Кошелев перестал биться, в его искаженных чертах не было уже ничего нечеловеческого — но Эней знал, чувствовал, что тень где-то рядом, что стоит ослабить волю и внимание — как она возьмет то, что считает своим.
Сейчас это были не слова, которые Эней любил повторять, как любимые стихи — это было просто правдой. И тень не выдержала. Рванув напоследок тело жертвы жестокой судорогой, она прянула Энею в лицо.
Словно облако холодного смрада прошло через него. Ночь, поляна, подъехавшая кавалерия, друзья, и Пришедший — все словно подернулось туманом — а потом туман сгустился над головой Кошелева.

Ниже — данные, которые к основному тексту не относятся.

-- ===== src/Reconcile/Domain.antt =====
-- workflows/reconcile/src/reconcile.ts: `inputConflictDomain`, whose inputs they are.
pub mod Roles
use cell_flow.Prelude.{Bool, not, ◌&&◌, ◌||◌, List, if◌then◌else◌, ◌==◌, any}
use cell_flow.Core.Status.{InputRole, ConflictDomain, role_eq}
use cell_flow.Rpc.Inspect.{InputObservation, InputInspection}

pub data DomainMode : Type 0 where
  spent contended : DomainMode

abbrev is_application : InputObservation → Bool
is_application o = o.input.role == InputRole.application_state

abbrev is_wallet : InputObservation → Bool
is_wallet o = o.input.role == InputRole.wallet_funding || o.input.role == InputRole.fee

abbrev is_other : InputObservation → Bool
is_other o = not (is_application o) && not (is_wallet o)

-- The tests on the three flags.
domain_of_flags : Bool → Bool → Bool → ConflictDomain
domain_of_flags application wallet unknown =
    if application && wallet
    then ConflictDomain.mixed
    else if application && not unknown
    then ConflictDomain.application
    else if wallet && not unknown
    then ConflictDomain.wallet
    else ConflictDomain.unknown

unfoldable pub domain_of_inputs : List InputObservation → ConflictDomain
unfolding domain_of_flags
domain_of_inputs os = domain_of_flags (any is_application os) (any is_wallet os) (any is_other os)

unfoldable pub input_conflict_domain : InputInspection → DomainMode → ConflictDomain
input_conflict_domain i DomainMode.spent = domain_of_inputs i.spent_inputs
input_conflict_domain i DomainMode.contended = domain_of_inputs i.contended_inputs
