-- ===== src/Reconcile/Contention.antt =====
-- workflows/reconcile/src/reconcile.ts: `contentionDetails` and the branch of an input that the
-- chain holds live and the pool does not.
use cell_flow.Prelude.{
  ℕ, ◌+◌, Bool, false, not, ◌&&◌, Option, none, some, String, if◌then◌else◌, string_eq, leb,
}
use cell_flow.Json.{
  Json, bool, num, text, obj, end, field, nullable_text, as_record, as_text, as_num, get, is_true,
  text_is,
}
use cell_flow.Core.Status.{ConflictType, submission_eq}
use cell_flow.Rpc.Inspect.{InputInspection}
use cell_flow.Reconcile.Domain.{DomainMode, input_conflict_domain}
use cell_flow.Store.Rows.{ExecutionRecord}
use cell_flow.Reconcile.Draft.{Context, Draft, domain_text}

-- `typeof value === "string" ? value : other`.
text_or : Option String → String → String
text_or none t = t
text_or (some s) t = s

num_or : Option ℕ → ℕ → ℕ
num_or none n = n
num_or (some m) n = m

same_contention : Json → Bool
same_contention prior = text_is (get "classification" (as_record prior)) "MEMPOOL_CONTENDED"

first_observed : Json → InputInspection → String
unfolding text_or same_contention
first_observed prior i =
    if same_contention prior
    then text_or (as_text (get "firstObservedAt" (as_record prior))) i.observed_at
    else i.observed_at

grace_of : Context → Json → ℕ
unfolding num_or same_contention
grace_of x prior =
    if same_contention prior
    then num_or (as_num (get "graceMs" (as_record prior))) x.grace_ms
    else x.grace_ms

-- The start of the grace; an observation's own time is always readable.
grace_start : Context → Json → InputInspection → ℕ
unfolding first_observed
grace_start x prior i =
    num_or (x.parse_ms (first_observed prior i)) (num_or (x.parse_ms i.observed_at) 0)

time_reached : Option ℕ → ℕ → Bool
time_reached none deadline = false
time_reached (some t) deadline = leb deadline t

unfoldable pub grace_expired : Context → Json → InputInspection → Bool
unfolding grace_start grace_of time_reached
grace_expired x prior i =
    time_reached (x.parse_ms i.observed_at) (grace_start x prior i + grace_of x prior)

unfoldable pub contention_details : Context → Json → InputInspection → Json
unfolding grace_start grace_of first_observed
contention_details x prior i = obj (
    field "source" (text "reconciliation") (
      field "classification" (text "MEMPOOL_CONTENDED") (
        field "canonicalSpendConfirmed" (bool false) (
          field "firstObservedAt" (text (first_observed prior i)) (
            field "lastObservedAt" (text i.observed_at) (
              field "observedAt" (text i.observed_at) (
                field "graceMs" (num (grace_of x prior)) (
                  field "graceExpiresAt"
                    (text (x.to_iso (grace_start x prior i + grace_of x prior)))
                    (field "graceExpired" (bool (grace_expired x prior i)) (
                      field "tipBlockNumber" (nullable_text i.tip_block_number) (
                        field "inputDomain"
                          (text (domain_text (input_conflict_domain i DomainMode.contended)))
                          (field "contendedInputs" (x.stored_inputs i.contended_inputs)
                            (field "inputs" (x.stored_inputs i.inputs) end)))))))))))))

unfoldable pub contended_draft : Context → ExecutionRecord → InputInspection → Draft → Draft
contended_draft x e i d =
    let just_expired =
      grace_expired x e.conflict_details i
      && not (is_true (get "graceExpired" (as_record e.conflict_details))) in
    record d {
      conflict_type = some ConflictType.input_conflict_suspected;
      conflict_details = contention_details x e.conflict_details i;
      event_kind =
          if just_expired
          then "INPUT_CONTENTION_GRACE_EXPIRED"
          else "INPUT_POOL_CONTENTION_DETECTED";
      reason = some (
          if just_expired
          then "The configured input-contention grace window expired; recovery is now selected from the semantic input role while reconciliation continues"
          else "Exact transaction is absent while an original input is live canonically but unavailable with tx-pool state");
    }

У нечисти в резиновых желтых перчатках и с тростью в руке опять было лицо Габриэляна — но Эней был уверен в том, что никогда в жизни, ни при каких обстоятельствах на лице Габриэляна не будет такого выражения.
— Значит, выгнал, — улыбка беса изгибалась, как червяк. — Аплодисменты герою. Ну и что же ты будешь делать теперь?
— Радоваться. И благодарить.
Благодарить за помощь, радоваться, что удалось.
— Что ж, посмотри вокруг — и радуйся, святоша…
Эней встал и посмотрел.
Поперек тропинки стоял занинский «Альбатрос» с временной мигалкой. Фрол, то бишь Занин, спокойно протирал «грэхэм» салфеткой для чистки пластика и дерева. Закончив эту нехитрую процедуру, он вытащил из кармана коробку с набором пленочек — и принялся воссоздавать нормальную для рабочего оружия криминологическую картинку. Сделал, еще раз осмотрел и осторожно вложил оружие в руки одному из ребят Стаса. Тот не возражал, поскольку был уже сильно мертв. Расстрелян из «Штайра». «Штайр», обработав соответствующим образом, уже вложили в руки пожилого охранника Кошелва — расстрелянного из «грэхэма».
Корбут лежал на спине и пытался дышать пробитой грудью. Его уже сковали специальным комплектом для высоких господ.
Стас умирал.
— Так, — сказал Занин, прикинув расклад. — Тащите этого Карузо сюда. Его нужно целым сдать, а без крови он не восстановится.
— Нравится? — поинтересовался черт.
— Нет. Кому вообще нравится война?
— Борис, ты в порядке? — спросил Занин.
Борис — это я…
— Нет, — ответил Эней уже ему. — А что, не видно?
— Ты сейчас выглядишь хуже, чем он, — Занин показал на распростертого на земле Кошелева. — Кстати, что это с ним?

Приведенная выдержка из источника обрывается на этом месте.